In the next step, we want to calculate the total amount of reflected light that comes off the monitor. A screen reflects light in two ways: with direct reflections, where the light comes straight back like a mirror, and indirect reflections, where light is diffused across the screen. To measure the total amount of reflections, we need a torch lamp, an integrating sphere, and a Konica Minolta LS-100 Luminance Meter.
In a dark room and with the monitor turned off, we place the sphere on the screen, put our light source inside the sphere, and the light is spread evenly across the screen. We use the luminance meter to measure the total amount of light coming from the light source and the amount of light being reflected off the screen. This gives us the amount of reflected light in terms of a percentage of the total amount of light placed on the screen. For example, a monitor with 5% total reflections actually absorbs 95% of the light being directed to it.
Our indirect reflections test measures the amount of light that diffuses across the screen. As mentioned before, when light hits the screen, it's either absorbed, reflected to the source like a mirror, or is scattered across the screen. Matte finishes typically diffuse the light across the screen, creating an effect where the light looks like a hazy circle. This measurement is important for rooms with a few lights, but none that are directly on it, such as if you're in a room with a window, but the sun isn't directly shining through it.

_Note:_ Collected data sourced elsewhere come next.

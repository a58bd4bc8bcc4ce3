-- ===== src/Nanopb/Flat/Zeroed.antt =====
-- The struct of a message of single values after pb_message_set_to_defaults of Kasei/Pods/nanopb/pb_decode.c.
use mathlib.Core.Path.{subst}
use kaseiapp.Base.{
  ℕ, zero, suc, ◌+◌, ◌≤◌, ◌<◌, ◌≡◌, refl, sym, ap, ap₂, ◌∙◌, arith, false, ◌∷◌, replicate, ==_iff,
  inl,
}
use kaseiapp.Base.Memory.{Memory, bytes_at, store_bytes, bytes_at-store_bytes}
use kaseiapp.Nanopb.Pb.{FieldInfo, Atype, Htype, required, optional, repeated, oneof}
use kaseiapp.Nanopb.Fields.{
  Fields, last, field, Ptr, null, is_static, prev_size, data_after, size_after,
}
use kaseiapp.Nanopb.Encode.{is_submessage}
use kaseiapp.Nanopb.Store.{clear}
use kaseiapp.Nanopb.Default.{
  set_fields, set_submessage, static_by_rule, copy_default, init_data, default_by_allocation,
}
use kaseiapp.Nanopb.Keeps.{length-replicate, clear-Outside}
use kaseiapp.Nanopb.Flat.Ready.{same_after}
use kaseiapp.Nanopb.Flat.Values.{for_scalar}
use kaseiapp.Nanopb.Flat.Messages.{
  IsSingle, IsScalar, AllScalars, data_after-le, not_pointer, scalar-is_no_extension,
}
use kaseiapp.Nanopb.Flat.Step.{single-not_oneof, single-not_repeated}

-- Every field of the message is zero.
abbrev pub AllZero : Memory → Fields → ℕ → Type 0
AllZero mem last q = Unit
AllZero mem (field info ptr rest) q =
    (bytes_at mem q info.data_size ≡ replicate info.data_size 0)
    × AllZero mem rest (data_after info rest q)

-- All fields lie below an address.
abbrev pub EndsBelow : ℕ → Fields → ℕ → Type 0
EndsBelow bound last q = Unit
EndsBelow bound (field info ptr rest) q =
    (q + info.data_size ≤ bound) × EndsBelow bound rest (data_after info rest q)

pub bytes_at-same :
    (m m' : Memory) (n p : ℕ)
    → ((a : ℕ) → p ≤ a → a < p + n → m a ≡ m' a)
    → bytes_at m p n ≡ bytes_at m' p n
unfolding bytes_at
bytes_at-same m m' zero p h = refl
bytes_at-same m m' (suc n) p h =
    ap₂ ◌∷◌ (h p (omega arith) (omega arith))
      (bytes_at-same m m' n (p + 1) (λ a ge lt. h a (omega arith) (omega arith)))

-- The next field begins behind this one.
pub next_behind :
    (info next : FieldInfo) (ptr : Ptr) (rest : Fields) (q : ℕ)
    → IsScalar info
    → q + info.data_size ≤ data_after info (field next ptr rest) q
next_behind info next ptr rest q scalar =
    rw (single-not_oneof info.htype scalar.single, size) (omega arith)
  where
    size : prev_size info ≡ info.data_size
    size =
        rw
          (
            single-not_repeated info.htype scalar.single,
            ap is_static scalar.in_struct,
            not_pointer info scalar,
          )
          refl

bytes_at-clear : (q n : ℕ) (m : Memory) → bytes_at (clear q n m) q n ≡ replicate n 0
unfolding clear
bytes_at-clear q n m =
    ap (bytes_at (store_bytes m q (replicate n 0)) q) (sym (length-replicate n 0))
    ∙ bytes_at-store_bytes m q (replicate n 0)

-- Where two memories agree from a field on, so do the fields.
pub zero_in :
    (bound : ℕ) (cur : Fields) (q : ℕ) (m m' : Memory)
    → EndsBelow bound cur q
    → ((a : ℕ) → q ≤ a → a < bound → m' a ≡ m a)
    → AllZero m cur q
    → AllZero m' cur q
zero_in bound last q m m' ends same zeros = tt
zero_in bound (field info ptr rest) q m m' (ends_here, ends) same (zeros_here, zeros) = (
  bytes_at-same m' m info.data_size q (λ a ge lt. same a ge (omega arith)) ∙ zeros_here,
  zero_in bound rest (data_after info rest q) m m' ends
      (λ a ge lt. same a (omega (arith, ge, data_after-le info rest q)) lt) zeros,
)

-- The default of a value is zero.
data-cleared :
    (info : FieldInfo) (ptr : Ptr) (sub : ℕ → Memory → Memory) (q : ℕ) (m : Memory)
    → IsScalar info
    → ptr ≡ null
    → init_data info ptr sub q m ≡ clear q info.data_size m
data-cleared info ptr sub q m scalar no_default =
    rw
      (for_scalar (λ t. is_submessage t ≡ false) info.ltype info.data_size scalar.fits refl refl
        refl refl refl refl refl refl refl)
      (ap (λ (pt : Ptr). copy_default info pt q m) no_default)

rule-cleared :
    (info : FieldInfo) (ptr : Ptr) (sub : ℕ → Memory → Memory) (q z : ℕ) (m : Memory) (rule : Htype)
    → IsScalar info
    → ptr ≡ null
    → z ≡ q
    → IsSingle rule
    → static_by_rule info ptr sub q z rule m ≡ clear q info.data_size m
rule-cleared info ptr sub q z m required scalar no_default same single =
    data-cleared info ptr sub q m scalar no_default
rule-cleared info ptr sub q z m optional scalar no_default same single =
    rw ((==_iff z q).1 same) (data-cleared info ptr sub q m scalar no_default)
rule-cleared info ptr sub q z m repeated scalar no_default same single = elim single [ ]
rule-cleared info ptr sub q z m oneof scalar no_default same single = elim single [ ]

default-cleared :
    (info : FieldInfo) (ptr : Ptr) (sub : ℕ → Memory → Memory) (q z : ℕ) (m : Memory)
    → IsScalar info
    → ptr ≡ null
    → z ≡ q
    → default_by_allocation info ptr sub q z info.atype m ≡ clear q info.data_size m
default-cleared info ptr sub q z m scalar no_default same =
    ap (λ (a : Atype). default_by_allocation info ptr sub q z a m) scalar.in_struct
    ∙ rule-cleared info ptr sub q z m info.htype scalar no_default same scalar.single

default-scalar :
    (info : FieldInfo) (ptr : Ptr) (rest : Fields) (q z : ℕ) (m : Memory)
    → IsScalar info
    → ptr ≡ null
    → z ≡ q
    → set_fields (field info ptr rest) q z m
      ≡ set_fields rest
          (data_after info rest q)
          (size_after info rest q z)
          (clear q info.data_size m)
unfolding set_fields
default-scalar info ptr rest q z m scalar no_default same =
    rw (scalar-is_no_extension info.ltype info.data_size scalar.fits) (
      ap (set_fields rest (data_after info rest q) (size_after info rest q z))
        (default-cleared info ptr (set_submessage ptr) q z m scalar no_default same))

-- The defaults of fields behind an address leave it alone.
set_fields-below :
    (cur : Fields) (q z a : ℕ) (m : Memory)
    → AllScalars cur
    → z ≡ q
    → a < q
    → set_fields cur q z m a ≡ m a
unfolding set_fields
set_fields-below last q z a m all same h = refl
set_fields-below (field info ptr rest) q z a m (scalar, no_default, other, all) same h =
    ap (λ (m' : Memory). m' a) (default-scalar info ptr rest q z m scalar no_default same)
    ∙ set_fields-below rest (data_after info rest q) (size_after info rest q z) a _ all
        (same_after info rest q z scalar all same) (omega (arith, data_after-le info rest q))
    ∙ clear-Outside q info.data_size m a (inl h)

set_fields-before :
    (info : FieldInfo) (rest : Fields) (q z a : ℕ) (m : Memory)
    → IsScalar info
    → AllScalars rest
    → z ≡ q
    → a < q + info.data_size
    → set_fields rest (data_after info rest q) (size_after info rest q z) m a ≡ m a
unfolding set_fields
set_fields-before info last q z a m scalar all same h = refl
set_fields-before info (field next ptr rest) q z a m scalar all same h =
    set_fields-below (field next ptr rest) _ _ a m all
      (same_after info (field next ptr rest) q z scalar all same)
      (omega (arith, next_behind info next ptr rest q scalar))

pub set_fields-AllZero :
    (cur : Fields) (q z : ℕ) (m : Memory)
    → AllScalars cur
    → z ≡ q
    → AllZero (set_fields cur q z m) cur q
set_fields-AllZero last q z m all same = tt
set_fields-AllZero (field info ptr rest) q z m (scalar, no_default, other, all) same =
    subst (λ (m' : Memory). AllZero m' (field info ptr rest) q)
      (sym (default-scalar info ptr rest q z m scalar no_default same))
      (
        bytes_at-same _ (clear q info.data_size m) info.data_size q (λ a ge lt.
              set_fields-before info rest q z a (clear q info.data_size m) scalar all same lt)
            ∙ bytes_at-clear q info.data_size m,
        set_fields-AllZero rest (data_after info rest q) (size_after info rest q z)
            (clear q info.data_size m) all (same_after info rest q z scalar all same),
      )
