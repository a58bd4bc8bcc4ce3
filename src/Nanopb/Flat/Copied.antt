-- ===== src/Nanopb/Flat/Copied.antt =====
-- The struct of a message of single values after the loop of pb_decode_noinit of Kasei/Pods/nanopb/pb_decode.c.
use kaseiapp.Base.{ℕ, ◌+◌, ◌≤◌, ◌<◌, ◌≡◌, refl, sym, ap, ◌∙◌, arith, if◌then◌else◌, if-holds, inr}
use kaseiapp.Base.Memory.{
  Memory, bytes_at, store_bytes, store_bytes_below, bytes_at-store_bytes, length-bytes_at,
}
use kaseiapp.Nanopb.Pb.{FieldInfo}
use kaseiapp.Nanopb.Fields.{Fields, last, field, data_after}
use kaseiapp.Nanopb.Keeps.{store_bytes-Outside}
use kaseiapp.Nanopb.Flat.Messages.{
  IsScalar, AllScalars, AllValues, is_sent, restored, data_after-le,
}
use kaseiapp.Nanopb.Flat.Values.{value_size}
use kaseiapp.Nanopb.Flat.Unsent.{value_size-le, zero_prefix, unsent-bytes}
use kaseiapp.Nanopb.Flat.Zeroed.{AllZero, EndsBelow, bytes_at-same, next_behind, zero_in}

-- Every field of the message whose data begin at `q` has the bytes of that whose data begin at `p`.
abbrev pub AllCopied : Memory → Memory → Fields → ℕ → ℕ → Type 0
AllCopied mem mem' last p q = Unit
AllCopied mem mem' (field info ptr rest) p q =
    (bytes_at mem' q (value_size mem info.ltype info.data_size p)
      ≡ bytes_at mem p (value_size mem info.ltype info.data_size p))
    × AllCopied mem mem' rest (data_after info rest p) (data_after info rest q)

-- What is below the fields is kept.
restored-below :
    (mem : Memory) (cur : Fields) (p q a : ℕ) (m : Memory) → a < q → restored mem cur p q m a ≡ m a
restored-below mem last p q a m h = refl
restored-below mem (field info ptr rest) p q a m h =
    restored-below mem rest (data_after info rest p) (data_after info rest q) a _
      (omega (arith, data_after-le info rest q))
    ∙ if-holds (λ (m' : Memory). m' a ≡ m a) (is_sent mem info p info.htype) _ m
        (λ e.
          store_bytes_below m q a (bytes_at mem p (value_size mem info.ltype info.data_size p)) h)
        (λ e. refl)

-- So is the field before them.
restored-before :
    (mem : Memory) (info : FieldInfo) (rest : Fields) (p q a : ℕ) (m : Memory)
    → IsScalar info
    → a < q + info.data_size
    → restored mem rest p (data_after info rest q) m a ≡ m a
restored-before mem info last p q a m scalar h = refl
restored-before mem info (field next ptr rest) p q a m scalar h =
    restored-below mem (field next ptr rest) p (data_after info (field next ptr rest) q) a m
      (omega (arith, next_behind info next ptr rest q scalar))

bytes_at-stored :
    (mem m : Memory) (p q n : ℕ)
    → bytes_at (store_bytes m q (bytes_at mem p n)) q n ≡ bytes_at mem p n
bytes_at-stored mem m p q n =
    ap (bytes_at (store_bytes m q (bytes_at mem p n)) q) (sym (length-bytes_at mem p n))
    ∙ bytes_at-store_bytes m q (bytes_at mem p n)

pub copied_in :
    (bound : ℕ) (mem : Memory) (cur : Fields) (p q : ℕ) (m m' : Memory)
    → AllScalars cur
    → AllValues mem cur p
    → EndsBelow bound cur q
    → ((a : ℕ) → q ≤ a → a < bound → m' a ≡ m a)
    → AllCopied mem m cur p q
    → AllCopied mem m' cur p q
copied_in bound mem last p q m m' all values ends same copied = tt
copied_in bound mem (field info ptr rest) p q m m' (scalar, no_default, other, all) (valid, values)
      (ends_here, ends) same (copied_here, copied) =
    (
      bytes_at-same m' m (value_size mem info.ltype info.data_size p) q (λ a ge lt.
            same a ge
              (omega (arith, value_size-le mem info.ltype info.data_size p scalar.fits valid)))
          ∙ copied_here,
      copied_in bound mem rest (data_after info rest p) (data_after info rest q) m m' all values
          ends (λ a ge lt. same a (omega (arith, ge, data_after-le info rest q)) lt) copied,
    )

-- The decoded fields, over a struct of zeros.
pub restored-AllCopied :
    (bound : ℕ) (mem : Memory) (cur : Fields) (p q : ℕ) (m : Memory)
    → AllScalars cur
    → AllValues mem cur p
    → EndsBelow bound cur q
    → AllZero m cur q
    → AllCopied mem (restored mem cur p q m) cur p q
restored-AllCopied bound mem last p q m all values ends zeros = tt
restored-AllCopied bound mem (field info ptr rest) p q m (scalar, no_default, other, all)
      (valid, values) (ends_here, ends) (zeros_here, zeros) =
    (
      bytes_at-same _ m1 size q (λ a ge lt.
            restored-before mem info rest (data_after info rest p) q a m1 scalar
              (omega (arith, fits)))
          ∙ here,
      restored-AllCopied bound mem rest (data_after info rest p) (data_after info rest q) m1 all
          values ends (zeros_behind rest all ends zeros),
    )
  where
    size : ℕ
    size = value_size mem info.ltype info.data_size p

    fits : size ≤ info.data_size
    fits = value_size-le mem info.ltype info.data_size p scalar.fits valid

    m1 : Memory
    m1 = if is_sent mem info p info.htype then store_bytes m q (bytes_at mem p size) else m

    here : bytes_at m1 q size ≡ bytes_at mem p size
    here =
        if-holds (λ (m' : Memory). bytes_at m' q size ≡ bytes_at mem p size)
          (is_sent mem info p info.htype) _ m (λ sent. bytes_at-stored mem m p q size)
          (λ unsent.
            zero_prefix m size info.data_size q fits zeros_here
            ∙ sym (unsent-bytes mem info p info.htype scalar.fits unsent))

    behind : (a : ℕ) → q + info.data_size ≤ a → m1 a ≡ m a
    behind a ge =
        if-holds (λ (m' : Memory). m' a ≡ m a) (is_sent mem info p info.htype) _ m
          (λ sent.
            store_bytes-Outside m q a (bytes_at mem p size)
              (inr (omega (arith, fits, length-bytes_at mem p size))))
          (λ unsent. refl)

    zeros_behind :
        (rest : Fields)
        → AllScalars rest
        → EndsBelow bound rest (data_after info rest q)
        → AllZero m rest (data_after info rest q)
        → AllZero m1 rest (data_after info rest q)
    zeros_behind last all ends zeros = tt
    zeros_behind (field next nptr rest) all ends zeros =
        zero_in bound (field next nptr rest) _ m m1 ends
          (λ a ge lt. behind a (omega (arith, next_behind info next nptr rest q scalar))) zeros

We use a similar process as when we measure the total reflections, using the same sphere and torch lamp. However, this time the sphere is rotated so that the light directly reflecting off the screen comes back out through the sphere. Any light that reflects off the screen like a mirror isn't counted for in this test, and we just want to see the amount of light that scatters across the monitor. Once again, we measure the indirect reflections as a percentage of the total light displayed on it; a monitor with 3% indirect reflections has 97% of light either being absorbed or reflected outwards.
Finally, we also want to know the percentage of light that's being reflected off the screen like a mirror. Calculating this is really simple: we subtract the indirect reflections percentage from the total reflections, and this gives us the calculated direct reflections. Essentially, the direct reflections and the indirect reflections add up to the total reflections. So, if a monitor has 2% direct reflections and 3% indirect reflections, that means 5% of the total light is being reflected, while the other 95% is absorbed by the screen. Knowing the amount of direct reflections is good if you have light sources facing towards the screen, as it can get distracting if there are too many reflections going into your eyes.
In terms of improving the actual reflection handling, there isn't much you can do. However, you can reduce the total amount of glare by moving the screen away from light sources, and if possible, into dim rooms. If you have a desktop at the office and can't move it, try raising the monitor's brightness settings, as many monitors can easily get bright enough to fight glare.
Having a monitor with good reflection handling is important if you work in a well-lit room. You don't want too much light reflecting off the display, or it can be distracting and even hard to see the screen properly. Most monitors have an anti-glare coating that absorbs the majority of light directed towards them. Different types of coating react with light in their own unique ways, and most monitors have a matte finish that diffuses light across the screen in an attempt to reduce the amount of glare. If you still have trouble seeing your screen in a well-lit room, you can also try to raise the monitor's brightness or position it away from light sources.